A damn shame either way.

>cs undergrad on his high horse spraying inflammatory language and being combative because he took an AI class

>People don't act the way I want them to on an anime messageboard so I'll call them niggers and express my rage!

>prescriptive linguists
who cares if some old fart says to never split infinitives or that prepositions are bad to end sentences with ?

a masters in data science is the same as all this shit right? i know there are "masters in machine learning" but i feel like that's too specialized

I can tell that none of you fuckers in this thread don't know what the fuck I'm talking about, since there has been a lot of shitposting and not a single answer to my question.
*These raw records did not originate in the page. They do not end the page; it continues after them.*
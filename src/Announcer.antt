-- ===== src/Announcer.antt =====
-- BatchAnnouncer and BatchAnnouncementService of apps/worker/src/batch_announcer: a batch becomes a
-- file that is pinned, and a job for the publisher.
pub mod Cache
mod Tests
use content_publishing_servi.Common.{
  ℕ, String, ◌+++◌, Option, none, some, List, [], ◌∷◌, ◌++◌, Bool, true, false, ◌==ₛ◌,
  if◌then◌else◌, show,
}
use content_publishing_servi.Services.Redis.{Redis, Entry, missing, string, hash}
use content_publishing_servi.Dsnp.{Announcement}
use content_publishing_servi.Monitor.{PublisherJob}
use content_publishing_servi.Api.Assets.{storage_expire_upper_limit_seconds}

-- IBatchAnnouncerJobData
pub record AnnouncerJob : Type 0 where
  pub batch_id : String
  pub schema_id : ℕ
  pub announcements : List Announcement

-- The libraries that read a schema (none if they throw or find null), write a file of rows with it,
-- and pin it, which answers the cid and the size
pub record FileTools : Type 1 where
  pub Schema : Type 0
  pub read_schema : String → Option Schema
  pub write_file : Schema → List Announcement → Option String
  pub pin : String → Option (String × ℕ)

abbrev pub schema_cache_key : ℕ → String
schema_cache_key schema_id = "schema:" +++ show schema_id

-- The publish job of a pinned file
unfoldable pub publisher_job : AnnouncerJob → Option (String × ℕ) → Option PublisherJob
publisher_job job none = none
publisher_job job (some (cid, size)) = some (record {
  id = job.batch_id;
  schema_id = job.schema_id;
  job_data = record { cid = cid; payload_length = size };
})

module _ (tools : FileTools) where
  unfoldable pub pin_file : AnnouncerJob → Option String → Option PublisherJob
  unfolding publisher_job
  pin_file job none = none
  pin_file job (some buffer) = publisher_job job (tools.pin buffer)

  unfoldable pub write_rows : AnnouncerJob → Option tools.Schema → Option PublisherJob
  unfolding pin_file
  write_rows job none = none
  write_rows job (some schema) = pin_file job (tools.write_file schema job.announcements)

  module _ (redis : Redis) where
    -- What follows once the schema's text is there, with the store as it is then
    unfoldable pub with_schema :
        AnnouncerJob → Option String × redis.Db → Option PublisherJob × redis.Db
    unfolding write_rows
    with_schema job (none, db) = (none, db)
    with_schema job (some text, db) = (write_rows job (tools.read_schema text), db)

    -- The schema's text from the chain (none if the query is rejected), which is then cached
    unfoldable pub fetch_schema : redis.Db → ℕ → Option String → Option String × redis.Db
    fetch_schema db schema_id none = (none, db)
    fetch_schema db schema_id (some text) = (
      some text,
      redis.setex db (schema_cache_key schema_id) storage_expire_upper_limit_seconds text,
    )

    -- `if (!cachedSchema)`: the empty text counts as none; at a hash the call is rejected
    unfoldable pub find_schema : redis.Db → ℕ → Option String → Entry → Option String × redis.Db
    unfolding fetch_schema
    find_schema db schema_id payload missing = fetch_schema db schema_id payload
    find_schema db schema_id payload (hash fields) = (none, db)
    find_schema db schema_id payload (string text) =
        if text ==ₛ "" then fetch_schema db schema_id payload else (some text, db)

    -- announce, where the chain would answer `payload`; the job, or none if it throws
    unfoldable pub announce :
        redis.Db → Option String → AnnouncerJob → Option PublisherJob × redis.Db
    unfolding with_schema find_schema
    announce db payload job =
        with_schema job
          (find_schema db job.schema_id payload (redis.view db (schema_cache_key job.schema_id)))

    -- BatchAnnouncementService.process: the jobs of the publish queue; false if it throws
    unfoldable pub add_job :
        List PublisherJob → Bool → Option PublisherJob → List PublisherJob × Bool
    add_job jobs adds none = (jobs, false)
    add_job jobs adds (some job) = if adds then (jobs ++ job ∷ [], true) else (jobs, false)
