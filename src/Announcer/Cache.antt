-- ===== src/Announcer/Cache.antt =====
-- The cache of schemas of apps/worker/src/batch_announcer/batch.announcer.ts.
use content_publishing_servi.Common.{ℕ, String, Option, some, false, ◌==ₛ◌, ◌≡◌}
use content_publishing_servi.Services.Redis.{Redis, string}
use content_publishing_servi.Announcer.{FileTools, schema_cache_key}

module _ (tools : FileTools) (redis : Redis) where
  -- The text is cached under the schema.
  abbrev Caches : redis.Db → ℕ → String → Type 0
  Caches db schema_id text =
      (redis.view db (schema_cache_key schema_id) ≡ string text) × ((text ==ₛ "") ≡ false)

  -- A payload that the chain gives has a text that is not empty.
  abbrev pub IsFull : Option String → Type 0
  IsFull payload = (text : String) → payload ≡ some text → (text ==ₛ "") ≡ false
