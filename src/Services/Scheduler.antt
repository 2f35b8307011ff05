-- ===== src/Services/Scheduler.antt =====
-- The scheduler registry of the framework: a parameter of the model, a set of named timeouts.
use content_publishing_servi.Common.{String, ◌≡◌, Option, none, some, ◌==ₛ◌, if◌then◌else◌}

pub record Scheduler (Timeout : Type 0) : Type 1 where
  pub Timers : Type 0
  -- doesExist and the handler that is registered
  pub find : Timers → String → Option Timeout
  -- deleteTimeout of a name that exists; it stops the timeout too
  pub delete_timeout : Timers → String → Timers
  -- addTimeout of a name that is free
  pub add_timeout : Timers → String → Timeout → Timers
  pub find-delete_timeout :
      (ts : Timers) (n m : String)
      → find (delete_timeout ts n) m ≡ (if n ==ₛ m then none else find ts m)
  pub find-add_timeout :
      (ts : Timers) (n : String) (t : Timeout) (m : String)
      → find ts n ≡ none
      → find (add_timeout ts n t) m ≡ (if n ==ₛ m then some t else find ts m)
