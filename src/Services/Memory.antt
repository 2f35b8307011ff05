-- ===== src/Services/Memory.antt =====
-- A Redis server and a scheduler registry as plain functions: the assumptions can be met, and the
-- tests run on them.
use mathlib.Core.List.{Perm}
use mathlib.Core.List.Perm
use content_publishing_servi.Common.{
  String, ◌≡◌, refl, true, false, Option, none, some, List, ◌∷◌, ◌==ₛ◌, if◌then◌else◌,
}
use content_publishing_servi.Services.Redis.{
  Entry, missing, string, hash, has_field, fields_of, Redis,
}
use content_publishing_servi.Services.Scheduler.{Scheduler}

abbrev pub Store : Type 0
Store = String → Entry

abbrev pub put : Store → String → Entry → Store
put db k e j = if k ==ₛ j then e else db j

abbrev pub add_field : List (String × String) → String → String → List (String × String)
add_field rows f v = if has_field f rows then rows else (f, v) ∷ rows

pub add_field-old :
    (rows : List (String × String)) (f v : String)
    → has_field f rows ≡ true
    → add_field rows f v ≡ rows
add_field-old rows f v h = rw h

pub add_field-new :
    (rows : List (String × String)) (f v : String)
    → has_field f rows ≡ false
    → Perm (add_field rows f v) ((f, v) ∷ rows)
add_field-new rows f v h = rw h (Perm.refl ((f, v) ∷ rows))

abbrev pub empty_store : Store
empty_store k = missing

abbrev pub memory : Redis
memory = record {
  Db = Store;
  view = λ db k. db k;
  set = λ db k v. put db k (string v);
  setex = λ db k seconds v. put db k (string v);
  hsetnx = λ db k f v. put db k (hash (add_field (fields_of (db k)) f v));
  with_field = add_field;
  rename = λ db k l. put (put db k missing) l (db k);
  del = λ db k. put db k missing;
  view-set = λ db k v j. refl;
  view-setex = λ db k seconds v j. refl;
  view-hsetnx = λ db k f v j. refl;
  with_field-old = add_field-old;
  with_field-new = add_field-new;
  view-rename = λ db k l j h. refl;
  view-del = λ db k j. refl;
}

abbrev pub no_timers : {Timeout : Type 0} → String → Option Timeout
no_timers n = none

abbrev pub memory_scheduler : (Timeout : Type 0) → Scheduler Timeout
memory_scheduler Timeout = record {
  Timers = String → Option Timeout;
  find = λ ts n. ts n;
  delete_timeout = λ ts n m. if n ==ₛ m then none else ts m;
  add_timeout = λ ts n t m. if n ==ₛ m then some t else ts m;
  find-delete_timeout = λ ts n m. refl;
  find-add_timeout = λ ts n t m h. refl;
}
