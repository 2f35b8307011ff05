-- ===== src/Announcer/Tests.antt =====
-- Two batches with one schema: the second is announced without the chain.
use content_publishing_servi.Common.{String, some, []}
use content_publishing_servi.Monitor.{PublisherJob}
use content_publishing_servi.Announcer.{AnnouncerJob, FileTools}

abbrev tools : FileTools
tools = record {
  Schema = String;
  read_schema = λ text. some text;
  write_file = λ schema rows. some "file";
  pin = λ buffer. some ("bafy", 9);
}

abbrev first : AnnouncerJob
first = record { batch_id = "b1"; schema_id = 2; announcements = [] }

abbrev second : AnnouncerJob
second = record { batch_id = "b2"; schema_id = 2; announcements = [] }

abbrev published : PublisherJob
published = record {
  id = "b1";
  schema_id = 2;
  job_data = record { cid = "bafy"; payload_length = 9 };
}
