-- ===== src/Api/Assets/Uploads.antt =====
-- What an upload leaves in the store and in the asset queue: ApiService.addAssets of
-- apps/api/src/api.service.ts.
use content_publishing_servi.Common.{String, ◌≡◌}
use content_publishing_servi.Services.Redis.{Redis, Entry}
use content_publishing_servi.Services.Codec.{Codec}
use content_publishing_servi.Api.{
  AssetJob, AssetMetadata, File, get_asset_data_key, get_asset_metadata_key,
}

module _ (calculate_ipfs_cid : String → String) (metadata_json : Codec AssetMetadata)
    (redis : Redis) where
  abbrev pub metadata_at : redis.Db → String → Entry
  metadata_at db c = redis.view db (get_asset_metadata_key c)

  -- The job of a file has its reference and its mime type, and says where its data and its metadata
  -- are.
  abbrev pub IsJobOfFile : File → AssetJob → Type 0
  IsJobOfFile f job =
      (job.ipfs_cid ≡ calculate_ipfs_cid f.buffer)
      × (job.mime_type ≡ f.mime_type)
      × (job.content_location ≡ get_asset_data_key (calculate_ipfs_cid f.buffer))
      × (job.metadata_location ≡ get_asset_metadata_key (calculate_ipfs_cid f.buffer))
ML is not data science, although many data scientists like to say they do ML to prop themselves up a bit.

>LSTMs can't handle that long of a sequence
This depends entirely on the sequence length you are dealing with. You'll have to give hard numbers to get any advice friendo.

part of the problem is you never asked the question in the OP, you went full retard and asked whether anyone would like to answer some unspecified question.

It is a waste of everyones time to ask whether you can ask so that people have to spend time prying to get you to actually ask what you are wondering about.

im op. this guy ironically asked a very specific question. i didnt and got fulfilled

idiot

You fuck off, illiterate faggot. People here at least try to write correctly.